Start of Block
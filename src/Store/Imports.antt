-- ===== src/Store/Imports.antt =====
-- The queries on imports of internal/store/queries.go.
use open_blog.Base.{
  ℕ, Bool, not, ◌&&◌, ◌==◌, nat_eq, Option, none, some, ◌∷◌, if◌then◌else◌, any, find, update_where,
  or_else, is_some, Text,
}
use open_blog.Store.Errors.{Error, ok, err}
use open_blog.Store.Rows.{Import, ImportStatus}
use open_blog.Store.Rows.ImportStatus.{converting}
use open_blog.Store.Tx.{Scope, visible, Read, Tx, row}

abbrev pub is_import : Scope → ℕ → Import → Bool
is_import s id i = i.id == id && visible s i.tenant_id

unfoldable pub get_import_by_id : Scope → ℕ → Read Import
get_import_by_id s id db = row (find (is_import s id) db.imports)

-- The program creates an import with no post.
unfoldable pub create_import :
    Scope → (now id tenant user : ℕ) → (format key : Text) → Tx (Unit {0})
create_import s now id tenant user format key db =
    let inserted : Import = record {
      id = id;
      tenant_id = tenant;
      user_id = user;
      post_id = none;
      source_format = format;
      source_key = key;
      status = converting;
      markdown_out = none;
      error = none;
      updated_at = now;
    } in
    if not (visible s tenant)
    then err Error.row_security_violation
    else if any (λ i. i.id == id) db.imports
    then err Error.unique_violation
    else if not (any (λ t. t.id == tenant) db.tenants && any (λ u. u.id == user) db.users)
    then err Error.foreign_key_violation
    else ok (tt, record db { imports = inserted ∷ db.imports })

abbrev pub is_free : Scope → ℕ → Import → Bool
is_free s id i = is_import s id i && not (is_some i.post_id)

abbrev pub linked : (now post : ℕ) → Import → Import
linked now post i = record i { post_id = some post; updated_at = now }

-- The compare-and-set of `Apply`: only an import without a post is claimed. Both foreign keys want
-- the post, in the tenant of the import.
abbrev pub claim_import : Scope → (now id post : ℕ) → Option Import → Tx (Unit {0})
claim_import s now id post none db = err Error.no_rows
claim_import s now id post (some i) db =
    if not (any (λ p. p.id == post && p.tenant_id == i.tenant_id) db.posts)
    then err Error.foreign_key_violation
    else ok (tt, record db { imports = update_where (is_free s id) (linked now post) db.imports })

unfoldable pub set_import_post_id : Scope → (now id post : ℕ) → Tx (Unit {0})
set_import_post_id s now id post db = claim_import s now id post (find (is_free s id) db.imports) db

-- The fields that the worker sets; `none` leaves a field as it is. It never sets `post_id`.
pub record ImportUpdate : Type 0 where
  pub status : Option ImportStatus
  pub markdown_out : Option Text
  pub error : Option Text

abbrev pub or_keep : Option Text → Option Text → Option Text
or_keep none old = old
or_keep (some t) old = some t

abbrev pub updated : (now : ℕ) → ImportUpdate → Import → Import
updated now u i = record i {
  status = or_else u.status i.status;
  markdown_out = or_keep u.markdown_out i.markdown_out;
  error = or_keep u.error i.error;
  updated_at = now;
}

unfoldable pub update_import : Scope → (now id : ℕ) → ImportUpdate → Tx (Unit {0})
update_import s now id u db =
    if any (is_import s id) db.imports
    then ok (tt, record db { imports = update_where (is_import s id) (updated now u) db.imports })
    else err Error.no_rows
End of Block
- Exercise goal
Give all the records above again, wording unchanged.

- Exercise solution
filename src/Store/Imports.antt
-- ===== src/Store/Imports.antt =====
-- The queries on imports of internal/store/queries.go.
use open_blog.Base.{
  ℕ, Bool, not, ◌&&◌, ◌==◌, nat_eq, Option, none, some, ◌∷◌, if◌then◌else◌, any, find, update_where,
  or_else, is_some, Text,
}
use open_blog.Store.Errors.{Error, ok, err}
use open_blog.Store.Rows.{Import, ImportStatus}
use open_blog.Store.Rows.ImportStatus.{converting}
use open_blog.Store.Tx.{Scope, visible, Read, Tx, row}

abbrev pub is_import : Scope → ℕ → Import → Bool
is_import s id i = i.id == id && visible s i.tenant_id

unfoldable pub get_import_by_id : Scope → ℕ → Read Import
get_import_by_id s id db = row (find (is_import s id) db.imports)

-- The program creates an import with no post.
unfoldable pub create_import :
    Scope → (now id tenant user : ℕ) → (format key : Text) → Tx (Unit {0})
create_import s now id tenant user format key db =
    let inserted : Import = record {
      id = id;
      tenant_id = tenant;
      user_id = user;
      post_id = none;
      source_format = format;
      source_key = key;
      status = converting;
      markdown_out = none;
      error = none;
      updated_at = now;
    } in
    if not (visible s tenant)
    then err Error.row_security_violation
    else if any (λ i. i.id == id) db.imports
    then err Error.unique_violation
    else if not (any (λ t. t.id == tenant) db.tenants && any (λ u. u.id == user) db.users)
    then err Error.foreign_key_violation
    else ok (tt, record db { imports = inserted ∷ db.imports })

abbrev pub is_free : Scope → ℕ → Import → Bool
is_free s id i = is_import s id i && not (is_some i.post_id)

abbrev pub linked : (now post : ℕ) → Import → Import
linked now post i = record i { post_id = some post; updated_at = now }

-- The compare-and-set of `Apply`: only an import without a post is claimed. Both foreign keys want
-- the post, in the tenant of the import.
abbrev pub claim_import : Scope → (now id post : ℕ) → Option Import → Tx (Unit {0})
claim_import s now id post none db = err Error.no_rows
claim_import s now id post (some i) db =
    if not (any (λ p. p.id == post && p.tenant_id == i.tenant_id) db.posts)
    then err Error.foreign_key_violation
    else ok (tt, record db { imports = update_where (is_free s id) (linked now post) db.imports })

unfoldable pub set_import_post_id : Scope → (now id post : ℕ) → Tx (Unit {0})
set_import_post_id s now id post db = claim_import s now id post (find (is_free s id) db.imports) db

-- The fields that the worker sets; `none` leaves a field as it is. It never sets `post_id`.
pub record ImportUpdate : Type 0 where
  pub status : Option ImportStatus
  pub markdown_out : Option Text
  pub error : Option Text

abbrev pub or_keep : Option Text → Option Text → Option Text
or_keep none old = old
or_keep (some t) old = some t

abbrev pub updated : (now : ℕ) → ImportUpdate → Import → Import
updated now u i = record i {
  status = or_else u.status i.status;
  markdown_out = or_keep u.markdown_out i.markdown_out;
  error = or_keep u.error i.error;
  updated_at = now;
}

unfoldable pub update_import : Scope → (now id : ℕ) → ImportUpdate → Tx (Unit {0})
update_import s now id u db =
    if any (is_import s id) db.imports
    then ok (tt, record db { imports = update_where (is_import s id) (updated now u) db.imports })
    else err Error.no_rows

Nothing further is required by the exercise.